A federal jury found that a Catholic diocese breached the special relationship it had with parishioners when it covered up sexual abuse by one of its priests.

The civil jury on Tuesday awarded $ 750,000 to Frank Martinelli, who claims a priest molested him in the 1960s, starting when he was 15. The jury said the Bridgeport Roman Catholic Diocese breached its duty to Martinelli when it hid complaints about the Rev. Laurence Brett and failed to investigate.

"Justice has been delivered. We knew that there had been a cover-up. This was never a case just about me," Martinelli said.

The award was for compensatory damages. The jury also found Martinelli was entitled to punitive damages, which are limited to legal fees and associated costs. No date was set to award punitive damages.

Diocesan officials said they were disappointed but still hopeful the judge would set aside the jury verdict.

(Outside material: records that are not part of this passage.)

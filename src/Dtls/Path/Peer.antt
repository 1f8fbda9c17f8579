-- ===== src/Dtls/Path/Peer.antt =====
-- The steps of the path that leave the peer's address as it is.
use socat.Dtls.Rtt.{initial_path_challenge, path_challenge_timer}
use socat.Dtls.Sending.{Sender}
use socat.Dtls.Path.Receive.{credit_candidate, respond, credit_probe, tick_probe}
use socat.Dtls.Record.{RecordNumber}
use socat.Dtls.Error.{ok, err, Result, Error}
use socat.Dtls.Path.{
  path_challenge, is_candidate_phase, path_drop, record_after, uint64, path_response, validate_old,
  start_probe, challenge_probe, transmit, validate_candidate, observe, observe_newest,
  observe_probe, start_basic, basic_with, challenge, send_message, hand_over, deliver,
  deliver_other, charge, transmit_within, PathProbe, Sent, PathState, PacketPath,
}
use socat.Prelude.{
  ◌+◌, refl, max, [], ◌*◌, ◌∙◌, drop, length, false, ◌||◌, replicate, ltb, none, ◌==◌, not, true,
  ◌∷◌, if◌then◌else◌, arith, some, ◌≡◌, Option, List, Bytes, Bool, ℕ,
}

module _ (allow : ℕ → Bool) (answer : List Sent → Option Error) where
  transmit_within-peer :
      (credit : ℕ) (to : PacketPath) (packet : Bytes) (p : PathState)
      → (transmit_within allow answer credit to packet p).1.peer ≡ p.peer
  unfolding transmit_within transmit
  transmit_within-peer credit to packet p = ground arith

  charge-peer :
      (b : PathProbe) (to : PacketPath) (packet : Bytes) (p : PathState)
      → (charge allow answer b to packet p).1.peer ≡ p.peer
  unfolding charge transmit
  charge-peer b to packet p = ground arith

  deliver_other-peer :
      (o : Option PathProbe) (credit : ℕ) (to : PacketPath) (packet : Bytes) (p : PathState)
      → (deliver_other allow answer o credit to packet p).1.peer ≡ p.peer
  unfolding deliver_other
  deliver_other-peer none credit to packet p = transmit_within-peer credit to packet p
  deliver_other-peer (some b) credit to packet p =
      ground (arith, transmit_within-peer credit to packet p, charge-peer b to packet p)

  deliver-peer :
      (credit : ℕ) (to : PacketPath) (packet : Bytes) (p : PathState)
      → (deliver allow answer credit to packet p).1.peer ≡ p.peer
  unfolding deliver transmit
  deliver-peer credit to packet p =
      let other = deliver_other-peer p.probe credit to packet p in ground arith

  hand_over-peer :
      (r : Result (Bytes × Sender)) (to : PacketPath) (credit : ℕ) (p : PathState)
      → (hand_over allow answer r to credit p).1.peer ≡ p.peer
  unfolding hand_over
  hand_over-peer (err e) to credit p = refl
  hand_over-peer (ok (packet, sender)) to credit p =
      deliver-peer credit to packet (record p { session = record (p.session) { sender = sender } })

  send_message-peer :
      (to : PacketPath) (typ : ℕ) (cookie : Bytes) (credit : ℕ) (p : PathState)
      → (send_message allow answer to typ cookie credit p).1.peer ≡ p.peer
  unfolding send_message
  send_message-peer to typ cookie credit p = hand_over-peer _ to credit p

  challenge-peer :
      (b : PathProbe) (now : ℕ) (random : Result Bytes) (p : PathState)
      → (challenge allow answer b now random p).1.peer ≡ p.peer
  unfolding challenge challenge_probe
  challenge-peer b now (err e) p = refl
  challenge-peer b now (ok cookie) p =
      let usual = path_challenge_timer p.session.rtt in
      let later = is_candidate_phase b.phase in
      let timeout = if later then max usual initial_path_challenge else usual in
      let destination = if later then b.candidate else p.peer in
      send_message-peer destination path_challenge cookie 0
        (record p { probe = some (record b { cookie = cookie; deadline = now + timeout }) })

  basic_with-peer :
      (spare : List Bytes) (b : PathProbe) (now : ℕ) (random : Result Bytes) (p : PathState)
      → (basic_with allow answer spare b now random p).1.peer ≡ p.peer
  unfolding basic_with
  basic_with-peer [] b now random p =
      challenge-peer (record b { phase = validate_candidate; cid = p.session.peer_cid }) now random
        p
  basic_with-peer (id ∷ spare) b now random p =
      challenge-peer (record b { phase = validate_candidate; cid = id }) now random
        (record p {
          session = record (p.session) { peer_spare = spare; want = ltb (length spare) 2 };
        })

  pub start_basic-peer :
      (b : PathProbe) (now : ℕ) (random : Result Bytes) (p : PathState)
      → (start_basic allow answer b now random p).1.peer ≡ p.peer
  unfolding start_basic
  start_basic-peer b now random p = basic_with-peer p.session.peer_spare b now random p

  observe_probe-peer :
      (o : Option PathProbe) (newest : Bool) (from : PacketPath) (size now : ℕ)
      (random : Result Bytes) (p : PathState)
      → (observe_probe allow answer o newest from size now random p).1.peer ≡ p.peer
  unfolding observe_probe start_probe
  observe_probe-peer (some b) newest from size now random p = ground arith
  observe_probe-peer none newest from size now random p =
      let made =
        challenge-peer
          (record {
            candidate = from;
            phase = validate_old;
            cookie = replicate 8 0;
            deadline = 0;
            credit = uint64 (3 * size);
            cid = [];
          })
          now random p in
      ground arith

  noted-peer :
      (newest : Bool) (number : RecordNumber) (p : PathState)
      → (if newest then record p { highest = number; seen = true } else p).peer ≡ p.peer
  noted-peer true number p = refl
  noted-peer false number p = refl

  observe_newest-peer :
      (newest : Bool) (from : PacketPath) (number : RecordNumber) (typ size now : ℕ)
      (random : Result Bytes) (p : PathState)
      → (observe_newest allow answer newest from number typ size now random p).1.peer ≡ p.peer
  unfolding observe_newest
  observe_newest-peer newest from number typ size now random p =
      let probed = observe_probe-peer p.probe newest from size now random p in ground arith

  pub observe-peer :
      (from : PacketPath) (number : RecordNumber) (typ size now : ℕ) (random : Result Bytes)
      (p : PathState)
      → (observe allow answer from number typ size now random p).1.peer ≡ p.peer
  unfolding observe
  observe-peer from number typ size now random p =
      let newest = not p.seen || record_after number p.highest in
      observe_newest-peer newest from number typ size now random
        (if newest then record p { highest = number; seen = true } else p)
      ∙ noted-peer newest number p

  pub tick_probe-peer :
      (o : Option PathProbe) (now : ℕ) (random : Result Bytes) (p : PathState)
      → (tick_probe allow answer o now random p).1.peer ≡ p.peer
  unfolding tick_probe
  tick_probe-peer none now random p = refl
  tick_probe-peer (some b) now random p =
      let basic = start_basic-peer b now random p in ground arith

  credit_probe-peer :
      (o : Option PathProbe) (from : PacketPath) (size : ℕ) (p : PathState)
      → (credit_probe o from size p).peer ≡ p.peer
  unfolding credit_probe
  credit_probe-peer none from size p = refl
  credit_probe-peer (some b) from size p = ground arith

  pub respond-peer :
      (from : PacketPath) (body : Bytes) (size : ℕ) (p : PathState)
      → (respond allow answer from body size p).1.peer ≡ p.peer
  unfolding respond credit_candidate
  respond-peer from body size p =
      let typ = if from.local == p.peer.local then path_response else path_drop in
      send_message-peer from typ (drop 1 body) (uint64 (3 * size))
        (credit_probe p.probe from size p)
      ∙ credit_probe-peer p.probe from size p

The diocese did not dispute Martinelli's claim that he was molested by Brett. But diocesan officials said they did not know about the abuse until Martinelli filed his lawsuit in 1993 and argued that the diocese could not be held responsible for the priest's actions.

"There is a substantial difference between Father Brett and the diocese. They are worlds apart," said diocesan spokesman Tom Drohan.

Martinelli, 50, claims he was sexually abused by Brett three times at St. Cecilia's Church in Stamford in the early 1960s when he was 15 and 16.

Martinelli told the jury that Brett once coerced him into performing oral sex on him by saying it was another way of receiving Holy Communion. Martinelli had alleged that the diocese knew of similar complaints of abuse against Brett as early as 1962.

During the trial, diocese officials were asked about a 1964 memo in which they made up a medical excuse to explain Brett's absence when he was sent to New Mexico after admitting having a sexual encounter with a 19-year-old Sacred Heart University student.

Brett, now 60, worked for two parishes in New Mexico, moved to Sacramento, Calif., then went to Baltimore in the late 1960s, where he taught for several years at a private high school. The diocese said it lost contact with him in 1993.

The trial began just two weeks after a Dallas jury found the diocese there grossly negligent in preventing the abuse of 11 children, including one who committed suicide, and awarded $ 119.6 million to victims.